The codeblock provided while I’m no python expert, I couldn’t resolve those libs easily. I found this to run without extra work from a maas deployment of 20.04 without anything extra other than requiring requests_oauthlib. I think this could be re-written to only use oauthlib which if I recall is built in. Either way, the code sample there helped me arrive here, but I find this to be more readable to understanding the oauth flow, and how it might relate to other oAuth flows.

    import argparse
    from sys import argv
    import requests
    from requests_oauthlib import OAuth1

    def oauth_request(site, uri, key, secret, consumer_key):
        headeroauth = OAuth1(key,
            client_secret='',
            resource_owner_key=secret,
            resource_owner_secret=consumer_key,
            signature_method='PLAINTEXT')
        r = requests.get(f'{site}{uri}', auth=headeroauth)
        print(r.text)
        return r

    if __name__ == '__main__':
        parser = argparse.ArgumentParser()
        parser.add_argument('--server', help = "Maas server.  ex. http://maas:5240/MAAS ")
        parser.add_argument('--key', help = "Maas key.  ex. ABCD:abcd:abcd ")
        parser.add_argument('--secret', help = "Maas secret.  ex. abcd:ABCD:abcd ")
        parser.add_argument('--consumer', help = "Maas consumer key.  ex. abcd:abcd:ABCD ")
        args = parser.parse_args(argv[1:])
        # API key = '<consumer_key>:<key>:<secret>'
        response = oauth_request(
            f'{args.server}/api/2.0', '/pods/',
            args.key, args.secret, args.consumer)
        print(response

I tried the code with a valid API key and it returned “Invalid API key”.

I removed the parser portion but am running into a problem.

def oauth_request(site, uri, key, secret, consumer_key):
headeroauth = OAuth1(key,
client_secret=’’,
resource_owner_key=secret,
resource_owner_secret=consumer_key,
signature_method=‘PLAINTEXT’)
r = requests.get(f’{site}{uri}’, auth=headeroauth)
print(r.text)
return r

#API key = ‘<consumer_key>::’
consumer_key, key, secret = MAASAPIKEY.split(’:’)
response = oauth_request( f’{MAASURL}/api/2.0’, ‘/machines/’, key, secret, consumer_key)
print(response)

Any ideas why I’d get the error?

The links from the “Two questions you may have” part are wrong. Currently they are:

Two questions you may have:

  1. How can I perform authenticated requests in python?
  2. How can I perform authenticated requests in ruby?

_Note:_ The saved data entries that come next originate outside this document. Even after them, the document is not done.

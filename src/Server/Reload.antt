-- ===== src/Server/Reload.antt =====
-- What server.rs's reload loop publishes.
use prismproxy.Prelude.{
  ℕ, ◌<◌, ◌≡◌, refl, ap, ◌∙◌, String, Option, none, some, List, [], ◌∷◌, ◌++◌, map, arith, leb, All,
  Result, ok, err, >>=-eq-ok, Bool-cases, inl, inr,
}
use prismproxy.Errors.{ProxyError}
use prismproxy.Config.{Config, validate}
use prismproxy.Config.Validity.{IsValid, validate_iff}
use prismproxy.Plugin.{Wasm}
use prismproxy.Tls.{Rustls}
use prismproxy.State.{Flags, RouteState, AppState}
use prismproxy.State.Build.{build_state-in_order}
use prismproxy.Server.{Disk, Server, try_reload, publish, if_newer, reload_loop}

module _ (wasm : Wasm) (rustls : Rustls) (file_stem : String → Option String) {Addr : Type 0}
    (parse_addr : String → Result Addr String) where
  -- A state that was built from a configuration that `validate` accepts.
  pub record IsSound (app : AppState wasm rustls) : Type 0 where
    pub config : Config
    pub valid : IsValid parse_addr config
    pub in_order : map (λ (rs : RouteState wasm rustls). rs.route) app.routes ≡ config.routes
    pub budget : app.timeout_ms ≡ config.server.timeout_ms

  try_reload-IsSound :
      (disk : Disk) (flags : Flags) (built : AppState wasm rustls × Flags)
      → try_reload wasm rustls file_stem parse_addr disk flags ≡ ok built
      → IsSound built.0
  unfolding try_reload
  try_reload-IsSound disk flags built e =
      let (config, _, e1) = >>=-eq-ok disk.from_file _ e in
      let (checked, accepted, e2) = >>=-eq-ok (validate parse_addr config) _ e1 in
      let (order, _, budget) =
        build_state-in_order wasm rustls file_stem disk.files config flags built.1 built.0 e2 in
      record {
        config = config;
        valid = (validate_iff parse_addr config).0 accepted;
        in_order = order;
        budget = budget;
      }

  publish-IsSound :
      (mtime : ℕ) (s : Server wasm rustls file_stem parse_addr) (disk : Disk)
      (r : Result (AppState wasm rustls × Flags) ProxyError)
      → try_reload wasm rustls file_stem parse_addr disk s.flags ≡ r
      → IsSound s.app
      → IsSound (publish wasm rustls file_stem parse_addr mtime s r).app
  publish-IsSound mtime s disk (ok built) e h = try_reload-IsSound disk s.flags built e
  publish-IsSound mtime s disk (err x) e h = h

  if_newer-IsSound :
      (disk : Disk) (s : Server wasm rustls file_stem parse_addr) (o : Option ℕ)
      → IsSound s.app
      → IsSound (if_newer wasm rustls file_stem parse_addr disk s o).app
  if_newer-IsSound disk s none h = h
  if_newer-IsSound disk s (some mtime) h = elim (Bool-cases (leb mtime s.last_mtime)) [
    | inl older ↦ rw older h
    | inr newer ↦ rw newer (publish-IsSound mtime s disk _ refl h)
  ]

  -- If the published state was built from a configuration that `validate` accepts, with its routes
  -- in order and its timeout, then so is the one that is published after any number of ticks,
  -- whatever the file holds at each of them.
  pub reload_loop-IsSound :
      (s : Server wasm rustls file_stem parse_addr) (disks : List Disk)
      → IsSound s.app
      → IsSound (reload_loop wasm rustls file_stem parse_addr s disks).app
  unfolding reload_loop
  reload_loop-IsSound s [] h = h
  reload_loop-IsSound s (disk ∷ disks) h =
      reload_loop-IsSound (if_newer wasm rustls file_stem parse_addr disk s disk.modified) disks
        (if_newer-IsSound disk s disk.modified h)

  -- A tick leaves the server alone or moves the time of the last reload on.
  data Moved (s : Server wasm rustls file_stem parse_addr)
      : Server wasm rustls file_stem parse_addr → Type 0 where
    still : Moved s s
    later : {t : Server wasm rustls file_stem parse_addr} → s.last_mtime < t.last_mtime → Moved s t

  Moved-trans :
      {s t u : Server wasm rustls file_stem parse_addr} → Moved s t → Moved t u → Moved s u
  Moved-trans still h = h
  Moved-trans (later a) still = later a
  Moved-trans (later a) (later b) = later (omega (arith, a, b))

  publish-Moved :
      (mtime : ℕ) (s : Server wasm rustls file_stem parse_addr)
      (r : Result (AppState wasm rustls × Flags) ProxyError)
      → s.last_mtime < mtime
      → Moved s (publish wasm rustls file_stem parse_addr mtime s r)
  publish-Moved mtime s (ok built) h = later h
  publish-Moved mtime s (err e) h = still

  if_newer-Moved :
      (disk : Disk) (s : Server wasm rustls file_stem parse_addr) (o : Option ℕ)
      → Moved s (if_newer wasm rustls file_stem parse_addr disk s o)
  if_newer-Moved disk s none = still
  if_newer-Moved disk s (some mtime) = elim (Bool-cases (leb mtime s.last_mtime)) [
    | inl older ↦ rw older still
    | inr newer ↦ rw newer (
        publish-Moved mtime s (try_reload wasm rustls file_stem parse_addr disk s.flags)
          (ground arith))
  ]

  reload_loop-Moved :
      (s : Server wasm rustls file_stem parse_addr) (disks : List Disk)
      → Moved s (reload_loop wasm rustls file_stem parse_addr s disks)
  unfolding reload_loop
  reload_loop-Moved s [] = still
  reload_loop-Moved s (disk ∷ disks) =
      Moved-trans (if_newer-Moved disk s disk.modified)
        (reload_loop-Moved (if_newer wasm rustls file_stem parse_addr disk s disk.modified) disks)

  still_if_same :
      {s t : Server wasm rustls file_stem parse_addr}
      → Moved s t
      → t.last_mtime ≡ s.last_mtime
      → t ≡ s
  still_if_same still e = refl
  still_if_same (later a) e = absurd (omega (arith, a, e))

  -- Over any number of ticks, the published state and the health flags are replaced only if the
  -- time of the last reload has changed.
  pub reload_loop-unchanged :
      (s : Server wasm rustls file_stem parse_addr) (disks : List Disk)
      → (reload_loop wasm rustls file_stem parse_addr s disks).last_mtime ≡ s.last_mtime
      → reload_loop wasm rustls file_stem parse_addr s disks ≡ s
  reload_loop-unchanged s disks e = still_if_same (reload_loop-Moved s disks) e

  -- The configuration on the disk is refused, by the parser, by `validate` or by `build_state`.
  abbrev pub IsRefused : Flags → Disk → Type 0
  IsRefused flags disk =
      (e : ProxyError) × (try_reload wasm rustls file_stem parse_addr disk flags ≡ err e)

  if_newer-IsRefused :
      (disk : Disk) (s : Server wasm rustls file_stem parse_addr) (o : Option ℕ)
      → IsRefused s.flags disk
      → if_newer wasm rustls file_stem parse_addr disk s o ≡ s
  if_newer-IsRefused disk s none h = refl
  if_newer-IsRefused disk s (some mtime) h = elim (Bool-cases (leb mtime s.last_mtime)) [
    | inl older ↦ rw older refl
    | inr newer ↦ rw (newer, h.1) refl
  ]

  -- However many ticks find a configuration that is refused, the first tick after them that finds a
  -- file newer than the last reload, with a configuration that is accepted, publishes it.
  pub reload_loop-recovers :
      (s : Server wasm rustls file_stem parse_addr) (refused : List Disk) (disk : Disk) (mtime : ℕ)
      (built : AppState wasm rustls × Flags)
      → All (IsRefused s.flags) refused
      → disk.modified ≡ some mtime
      → s.last_mtime < mtime
      → try_reload wasm rustls file_stem parse_addr disk s.flags ≡ ok built
      → reload_loop wasm rustls file_stem parse_addr s (refused ++ (disk ∷ []))
        ≡ record { app = built.0; flags = built.1; last_mtime = mtime }
  unfolding reload_loop
  reload_loop-recovers s [] disk mtime built all found newer accepted =
      rw (found, accepted) (ground arith)
  reload_loop-recovers s (d ∷ refused) disk mtime built all found newer accepted =
      ap (λ t. reload_loop wasm rustls file_stem parse_addr t (refused ++ (disk ∷ [])))
        (if_newer-IsRefused d s d.modified all.0)
      ∙ (reload_loop-recovers s refused disk mtime built all.1 found newer accepted)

The following would link to the two sections that are included on the page itself:

Two questions you may have:

  1. How can I perform authenticated requests in python?
  2. How can I perform authenticated requests in ruby?
1 Like

thanks, @tomkivlin. nice catch, we’ll fix.

The oauth dependency in the Python example appears to be Python2 only. When trying the example in Python3 I get the following error:

 File ".venv/lib/python3.8/site-packages/oauth/oauth.py", line 29, in <module>
    import urlparse
ModuleNotFoundError: No module named 'urlparse'

urlparse was moved to urllib.parse with Python3; I don’t have a working solution for Python 3 yet.

Perhaps in the interim it might be a good idea to highlight the example as Python 2 only?